# What is the reason???



## Sd snow goose killer (Jan 20, 2007)

Why can't roos's geese be shot in canada? what is the reason for this?


----------



## fowlmouth (Mar 17, 2007)

k guys this may be a real dumb question. This weekend coming up I am heading out to do some snow goose hunting. This is my first year of hunting spring snows. The question,,, how do you tell if the bird is a ross goose??


----------



## chris lillehoff (Jan 9, 2006)

smaller bird in body size....

No grin patch on the bill...

potential warts top of bill...

suicidal lifestyle and succeptability to chris lillehoff's reign of pain...


----------



## cgreeny (Apr 21, 2004)

size will be one, Ross geese are just about the size of a mallard, and another way is the short stubby bills with warts on them. And if any flocks of all white birds come dive bombing into your spread like there is no tomorrow, then they will more than likely be Ross geese. Hope that this helps any?


----------



## MrSafety (Feb 22, 2005)

I guess for me, if they're coming in alone or a small group, they will almost act like teal...........keep your binos ready.........I try to use them on every approaching flock or single.........I like to know EXACTLY what I'm shooting at...........


----------



## wooduck26 (Mar 21, 2002)

Sd snow goose killer said:


> Why can't roos's geese be shot in canada?
> 
> 
> > When they wrote up the conservation order in Canada they worded it as "Snow Geese" therefor Ross geese were left out on a technicality.


----------



## SDwaterfowler (Mar 2, 2006)

wooduck26 said:


> Sd snow goose killer said:
> 
> 
> > Why can't roos's geese be shot in canada?
> ...


This is correct. Since it was written as "snow geese" an anti group took advantage and attacked. The judge ruled in favor of the antis (judge has probably never seen a ross next to a snow) and that is why you can only shoot snows in Canada. CWS plans to entirely revamp the CO in 2010 and I've heard they will bring up the ross goose misinterpretation at that time.


----------



## jim6897 (Aug 27, 2003)

Ross geese are clippers not grubbers therefoe they are not denudung nesting colonies. They were not listed in the conservation order becuase they are no threat to destroy their habitat. From what i understand the ross population is growing at a faster rate that what the snows are.


----------



## Goose Guy350 (Nov 29, 2004)

I've read that the ross's geese are also a major cause for concern because they will come behind other species of birds and clip the vegetation on the breeding grounds even shorter than the previous bird had and the vegetation can not come back from that. Its kinda like having the sheep follow the cattle through a pasture type of deal where the pasture is wiped out.


----------



## h2ofwlr (Feb 6, 2004)

And for the Ross geese, at the time the scientists did not have the scientific proff needed to win in court. Remember that their were court challehnges in CA. So as not to jeopordize the whole seasons, they actually left them off on purpose. That is what I was told. BTW, their is now enough scientific evidence that warrants a sproing season. Why the CWS does not present it is beyond me.

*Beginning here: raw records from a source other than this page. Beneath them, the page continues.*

-- ===== src/Domain/PrintJob/Settlement.antt =====
-- Who is owed money, and what may be called a success.
use kiosk_project.Base.{◌≡◌, ◌≢◌, ◌↔◌, ◌⊎◌, true, false, Option, none, some, arith}
use kiosk_project.Base.Int.{◌≤ℤ◌, ℤ, pos}
use kiosk_project.Domain.PrintJob.{
  PrintDeviceState, confirmed, unconfirmed, PrintJobSettledStatus, SettledSessionState,
  PrintDeviceResult, PrintJobSettlement, settle_print_device_result,
}

-- The device proved that nothing came out.
abbrev pub NothingPrinted : PrintDeviceResult → Type 0
NothingPrinted r =
    (r.confidence ≡ confirmed)
    × (r.sheets_produced ≡ some (pos 0))
    × ((r.state ≡ PrintDeviceState.not_submitted)
        ⊎ (r.state ≡ PrintDeviceState.failed)
        ⊎ (r.state ≡ PrintDeviceState.canceled))

abbrev pub AtLeastOneSheet : Option ℤ → Type 0
AtLeastOneSheet none = ⊥
AtLeastOneSheet (some n) = pos 1 ≤ℤ n

-- The device confirmed a completed print of at least one sheet.
abbrev pub Delivered : PrintDeviceResult → Type 0
Delivered r =
    (r.state ≡ PrintDeviceState.completed)
    × (r.confidence ≡ confirmed)
    × AtLeastOneSheet r.sheets_produced

-- Money is owed back exactly when the device proved that nothing came out: a confirmed result
-- that it never took the job, failed or was canceled, with a count of zero sheets.
pub refund_iff :
    (r : PrintDeviceResult)
    → ((settle_print_device_result r).refund_obligation ≡ true) ↔ NothingPrinted r
unfolding settle_print_device_result
refund_iff r = ground arith

-- A job is settled as completed exactly when the device confirmed a completed print of at least one
-- sheet.
pub success_iff :
    (r : PrintDeviceResult)
    → ((settle_print_device_result r).status ≡ PrintJobSettledStatus.completed) ↔ Delivered r
unfolding settle_print_device_result
success_iff r = ground arith

-- Whatever is neither goes to a person.
abbrev pub Ambiguous : PrintDeviceResult → Type 0
Ambiguous r = ¬ NothingPrinted r × ¬ Delivered r

-- A job goes to a person exactly when its result is ambiguous.
pub recovery_iff :
    (r : PrintDeviceResult)
    → ((settle_print_device_result r).status ≡ PrintJobSettledStatus.recovery_required)
      ↔ Ambiguous r
unfolding settle_print_device_result
recovery_iff r = ground arith

-- The three settlements whose parts agree.
pub data Consistent (s : PrintJobSettlement) : Type 0 where
  success :
      s.status ≡ PrintJobSettledStatus.completed
      → s.session_state ≡ SettledSessionState.completed
      → s.refund_obligation ≡ false
      → s.result_confidence ≡ confirmed
      → s.failure_code ≡ none
      → Consistent s
  failure :
      (s.status ≡ PrintJobSettledStatus.failed) ⊎ (s.status ≡ PrintJobSettledStatus.canceled)
      → s.session_state ≡ SettledSessionState.failed
      → s.refund_obligation ≡ true
      → s.result_confidence ≡ confirmed
      → s.sheets_produced ≡ some (pos 0)
      → s.failure_code ≢ none
      → Consistent s
  undecided :
      s.status ≡ PrintJobSettledStatus.recovery_required
      → s.session_state ≡ SettledSessionState.recovery_required
      → s.refund_obligation ≡ false
      → s.result_confidence ≡ unconfirmed
      → s.failure_code ≢ none
      → Consistent s

-- The parts of a settlement agree on every result: a success carries no failure code and no
-- refund, a definite failure owes the money, a recovery owes nothing and is unconfirmed.
settlement-Consistent : (r : PrintDeviceResult) → Consistent (settle_print_device_result r)
unfolding settle_print_device_result
settlement-Consistent r = grind (arith, success, failure, undecided)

I do know this, many CA residents will not hunt in the spring for fear of shooting a Ross goose. If you could add the Ross to be shot, there would be more participation by CA residents IMO.


----------



## SDwaterfowler (Mar 2, 2006)

What is the fine in Canada for shooting a ross goose during the CO? I would hope the penalties would not be too bad considering the similarities of ross and snows. We are considering a trip up there yet this spring but the fear of accidently shooting a ross and also having to work the birds in real close to make sure I am shooting a snow keeps eating at me. I feel for the people that hunt the CO in Canada, it has to be a lot more difficult without being able to take ross geese.


----------



## h2ofwlr (Feb 6, 2004)

Last I heard, for a single violation was loss of hunting priveleges for at least 1 year and a fine. If multiple violations, often they take all the gear, throw you in jail and the magistrate (judge) sorts it out based upon published reports of NRs getting caught in CA in the Fall season. I have not seen any news reports on Spring violations.


----------



## Zekeland (Oct 6, 2005)

Laws are laws. You just deal with it. This is my 3rd spring. My Ross' id' ing in the air is near perfect. It wasn't the 1st year. I just don't shoot at whites if I don't know. Many days are blue only.

Do I miss shooting chances because I have to wait to id and get them in close, for sure.

Seems a little harder during 2nd push with all the younger snows mixing in with the Ross. I'm not looking at beak size 30 yards up.

Most groups will have at least 1-2 blues and that is what I target. It's when the all white flock comes in and acts like snows, have to take more time to i.d.

Yesterday's harvest was 5, should have been double that with better shooting. Could have limited out on Ross in a just a few hours. No big deal, less birds to clean!!

They make great flyer dekes when you can't shoot at them and they are circling for a couple of minutes!!!


----------



## AWO (Mar 9, 2008)

That's one of the dumbest laws I've ever heard of. No rossy's can be shot, hope they clear that up real soon. :eyeroll:


----------